Now You See Me was good but I was hoping for more Michael Caine and Morgan Freeman


----------



## Sandpiper (Oct 28, 2008)

Before Midnight.  There IS Oscar buzz about it.


----------



## KindleGirl (Nov 11, 2008)

We recently saw The Heat as well. Funny, but not quite as funny as I expected. Enjoyed it a lot though.

Saw Monsters University with the kiddos. Good movie and enjoyed that one as well. Very cute. Funny too.

Looking forward to Grown Ups 2! We really loved the first one so we can't wait for this one.


----------



## BTackitt (Dec 15, 2008)

This has been my summer of movies, not all in the theaters.... Turns out my mom LIKES movies, but my dad never takes her, so since she and I are alone here clearing out my grandparent's home before putting it up for sale I've been filling in a bit of her movie dearth.
I can't even think of all of the movies we have seen in the last 8 weeks. Thank goodness for Hulu, Netflix & Amazon Prime, we're seeing 2 a week at the theater, and at least 1 a day-sometimes 2 or 3- at home on my laptop from online services, and bought 6 or 10 from stores while out shopping.
This week she really liked 
Shawshank Redemption
IQ
Kate & Leopold


----------



## telracs (Jul 12, 2009)

We went to see Joss Whedon's version of Much Ado About Nothing last night.


----------



## HappyGuy (Nov 3, 2008)

Haven't seen the newest take on Much Ado, but it'll have to be something special to beat out the Kenneth Branaugh version!


----------



## Atunah (Nov 20, 2008)

I usually don't go to the theater in summer. Main reason is that the movies they usually put out during, just don't interest me. I don't do cartoons or animated stuff, I don't like superhero movies based on cartoons. I don't like brutal beat them and shoot them up movies. I do like regular fun action movies like they used to do in the 80's and early 90's. 

The one with Sandra Bullock looks like it might be fun, I like here. But I can wait until its out on stream somewhere. I like sci fi movies, but don't see any. Maybe that Whitehouse movie if its a regular action with some humor. I like historical stuff, but none of that ever gets made, other than for TV on occasion. 

And I am tired of pretentious indy stuff. So much is trying so hard to be so special and artsy and it just bores me to tears. 

I just want to be entertained if I am going to pay all this money to go to the actual theater. It has been a while.


----------



## cork_dork_mom (Mar 24, 2011)

We love going to the movies, especially in the summer when it's sweltering outside.

I'm not a big fan of Star Trek but I loved both the movies. Good popcorn fun.

Didn't care for Superman - the end dragged on forrrrrreverrrrrr.
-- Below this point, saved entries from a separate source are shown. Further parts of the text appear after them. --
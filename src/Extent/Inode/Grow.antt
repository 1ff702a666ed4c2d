-- ===== src/Extent/Inode/Grow.antt =====
-- The loop of `write_file` in inode_manager.cc that adds blocks to a file.
use cse_2014_undergrad.Prelude.{
  ℕ, zero, suc, ◌+◌, ◌*◌, ◌<◌, ◌≤◌, Bool, false, ◌||◌, ◌≡◌, ◌≢◌, refl, sym, ap, ◌∙◌, subst, arith,
  ◌==◌, ==_iff, Bool-cases, inl, inr,
}
use cse_2014_undergrad.Extent.Block.{block_size, Block, write_block, BlockManager, alloc_block}
use cse_2014_undergrad.Extent.Block.Place.{IsBytes, used}
use cse_2014_undergrad.Extent.Block.Bitmap.{IsFormatted}
use cse_2014_undergrad.Extent.Block.Room.{
  IsRecorded, IsRoom, alloc_block-IsRoom, write_block-used, write_block-IsRoom, write_block-IsBytes,
}
use cse_2014_undergrad.Extent.Inode.{ndirect}
use cse_2014_undergrad.Extent.Inode.Records.{IsInode}
use cse_2014_undergrad.Extent.Inode.Table.{write_block-lt, write_block-ne}
use cse_2014_undergrad.Extent.Inode.File.{Open, blk, set_blk, piece, grow_from}
use cse_2014_undergrad.Extent.Inode.Addresses.{
  blk-set_blk_self, blk-set_blk_ne, set_blk-last, set_blk-IsInode, set_blk-type,
}

-- `n` blocks have been added to a file from its block `i` on.
pub record IsGrown (i n : ℕ) (bm : BlockManager) (f : Open) (content : Block) (bm' : BlockManager)
    (f' : Open) : Type 0 where
  pub kept : (k : ℕ) → k < i → blk f' k ≡ blk f k
  pub last : f'.ino.blocks ndirect ≡ f.ino.blocks ndirect
  pub type : f'.ino.type ≡ f.ino.type
  pub valid : IsInode f.ino → IsInode f'.ino
  pub fresh :
      (k : ℕ) → i ≤ k → k < i + n → IsRecorded (blk f' k) × (used bm.disk (blk f' k) ≡ false)
  pub apart : (k l : ℕ) → i ≤ k → k < l → l < i + n → blk f' l ≢ blk f' k
  pub holds :
      (k j : ℕ) → i ≤ k → k < i + n → j < block_size → bm'.disk (blk f' k) j ≡ piece content k j
  pub same :
      (id : ℕ) → 10 ≤ id → ((k : ℕ) → i ≤ k → k < i + n → blk f' k ≢ id) → bm'.disk id ≡ bm.disk id
  pub nblocks : bm'.nblocks ≡ bm.nblocks

or_false : (a b : Bool) → (a || b) ≡ false → (a ≡ false) × (b ≡ false)
or_false a b h = ground arith

-- The blocks that come after one more block has been added are added behind it.
IsGrown-suc :
    (n i id : ℕ) (bm bm1 bm' : BlockManager) (f f' : Open) (content : Block)
    → bm1.nblocks ≡ bm.nblocks
    → IsRecorded id
    → used bm.disk id ≡ false
    → ((j : ℕ) → IsRecorded j → used bm1.disk j ≡ (id == j || used bm.disk j))
    → ((k : ℕ) → 10 ≤ k → bm1.disk k ≡ bm.disk k)
    → IsGrown
        (i + 1)
        n
        (record bm1 { disk = write_block bm1.disk (blk (set_blk f i id) i) (piece content i) })
        (set_blk f i id)
        content
        bm'
        f'
    → IsGrown i (suc n) bm f content bm' f'
IsGrown-suc n i id bm bm1 bm' f f' content e v u w s g =
    let own : blk (set_blk f i id) i ≡ id = blk-set_blk_self f i id (omega (arith, v.1)) in
    let here : blk f' i ≡ id = g.kept i (omega arith) ∙ own in
    let others : (k : ℕ)
        → i + 1 ≤ k
        → k < i + 1 + n
        → IsRecorded (blk f' k) × ((id == blk f' k || used bm.disk (blk f' k)) ≡ false) =
      λ k a b.
        let (p, q) = g.fresh k a b in
        (
          p,
          sym (
                write_block-used bm1.disk (blk (set_blk f i id) i) (piece content i) (blk f' k)
                  (omega (arith, own, v.0)) p.1
                ∙ w (blk f' k) p)
              ∙ q,
        ) in
    record {
      kept = λ k l. g.kept k (omega arith) ∙ blk-set_blk_ne f i k id (λ q. omega (arith, q));
      last = g.last ∙ set_blk-last f i id;
      type = g.type ∙ set_blk-type f i id;
      valid = λ q. g.valid (set_blk-IsInode f i id (omega (arith, v.1)) q);
      fresh = λ k a b. elim (Bool-cases (i == k)) [
        | inl y ↦
            subst (λ q. IsRecorded (blk f' q) × (used bm.disk (blk f' q) ≡ false))
              ((==_iff i k).0 y)
              (subst (λ q. IsRecorded q × (used bm.disk q ≡ false)) (sym here) (v, u))
        | inr y ↦
            (let (p, q) = others k (ground (arith, y)) (omega arith) in
              (p, (or_false (id == blk f' k) (used bm.disk (blk f' k)) q).1))
      ];
      apart = λ k l a m b. elim (Bool-cases (i == k)) [
        | inl y ↦
            (let q = (or_false _ _ (others l (ground (arith, y)) (omega arith)).1).0 in
              λ t. differ id (blk f' l) q (t ∙ ap (blk f') (sym ((==_iff i k).0 y)) ∙ here))
        | inr y ↦ g.apart k l (ground (arith, y)) m (omega arith)
      ];
      holds = λ k j a b m. elim (Bool-cases (i == k)) [
        | inl y ↦
            subst (λ q. bm'.disk (blk f' q) j ≡ piece content q j) ((==_iff i k).0 y)
              (ap (λ q. bm'.disk q j) (here ∙ sym own)
                ∙ ap (λ c. c j)
                    (g.same (blk (set_blk f i id) i) (omega (arith, own, v.0))
                      (λ l p q t. differ id (blk f' l) (or_false _ _ (others l p q).1).0 (t ∙ own)))
                ∙ write_block-lt bm1.disk (blk (set_blk f i id) i) (piece content i) j
                    (omega (arith, own, v.1)) m)
        | inr y ↦ g.holds k j (ground (arith, y)) (omega arith) m
      ];
      same = λ k l a.
          g.same k l (λ m b c. a m (omega arith) (omega arith))
          ∙ write_block-ne bm1.disk (blk (set_blk f i id) i) (piece content i) k
              (λ q. a i (omega arith) (omega arith) (here ∙ sym own ∙ q))
          ∙ s k l;
      nblocks = g.nblocks ∙ e;
    }
  where
    differ : (x y : ℕ) → (x == y) ≡ false → y ≢ x
    differ x y q t = ground (arith, t)

pub grow_from-IsGrown :
    (n i : ℕ) (stack : Block) (bm : BlockManager) (f : Open) (content : Block)
    → IsFormatted bm
    → IsBytes bm.disk
    → IsRoom n bm.disk
    → ((p : ℕ) → content p < 256)
    → let (bm', f') = grow_from n i stack bm f content in IsGrown i n bm f content bm' f'
unfolding grow_from
grow_from-IsGrown zero i stack bm f content h b r c = record {
  kept = λ k l. refl;
  last = refl;
  type = refl;
  valid = λ g. g;
  fresh = λ k l m. absurd (omega arith);
  apart = λ k l a m e. absurd (omega arith);
  holds = λ k j a m e. absurd (omega arith);
  same = λ id m a. refl;
  nblocks = refl;
}
grow_from-IsGrown (suc n) i stack bm f content h b r c =
    let (v, u, w, r', b', s) = alloc_block-IsRoom stack bm n h b r in
    let id = (alloc_block stack bm).0 in
    let bm1 = (alloc_block stack bm).1 in
    let at : 10 ≤ blk (set_blk f i id) i =
      omega (arith, blk-set_blk_self f i id (omega (arith, v.1)), v.0) in
    IsGrown-suc n i id bm bm1 _ f _ content refl v u w s (
      grow_from-IsGrown n (i + 1) stack
        (record bm1 { disk = write_block bm1.disk (blk (set_blk f i id) i) (piece content i) })
        (set_blk f i id) content (record { blocks = h.blocks; inodes = h.inodes })
        (write_block-IsBytes bm1.disk _ _ b' (λ p. c (i * block_size + p)))
        (write_block-IsRoom bm1.disk _ _ n at r') c)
Went to Monsters U last week with my son. He brought up a good point... he was a little kid when the first Monsters came out and he will be a college freshmen in the fall so he thought that was pretty cool. Good movie but I like the first one better.

Hubby & son have seen almost all the guy movies & have enjoyed them all. Thank goodness we have a rewards program at our theater!!


----------



## Vegas_Asian (Nov 2, 2008)

Star Trek....cuz I have a crush on Benedict Cumberbatch (aka Sherlock Holmes from Sherlock)

Sent from my SAMSUNG-SGH-I747 using Tapatalk 2


----------



## Tripp (May 28, 2009)

I saw the Star Trek movie and loved it.  I also saw The Heat and unlike everyone else here, I totally disliked it.  I found the use of the "F" word to be mind numbing, and I am not a prude when it comes to that.  It just became tedious.  And i didn't find the plot to be anything special.  Maybe my expectations were too high cause I like Sandra Bullock but it just didn't do it for me.


----------



## Carrie Rubin (Nov 19, 2012)

I have to admit, despite the far-fetched plot and ridiculous body count, I loved 'White House Down.' Channing Tatum and Jamie Foxx made a great team, and somehow they managed to find just the right tone of humor in an otherwise serious film. Just a really great popcorn, summer movie. Jamie Foxx had some of the best one-liners I've heard in a while.

I liked 'The Heat' too. And 'Star Trek.'


----------



## Lee44 (Sep 9, 2012)

I really want to see "The Heat," I really want to see them dance together.  When I see the ads on TV, it looks so funny.  I'm not a Trekker, so I'll have to pass on that.  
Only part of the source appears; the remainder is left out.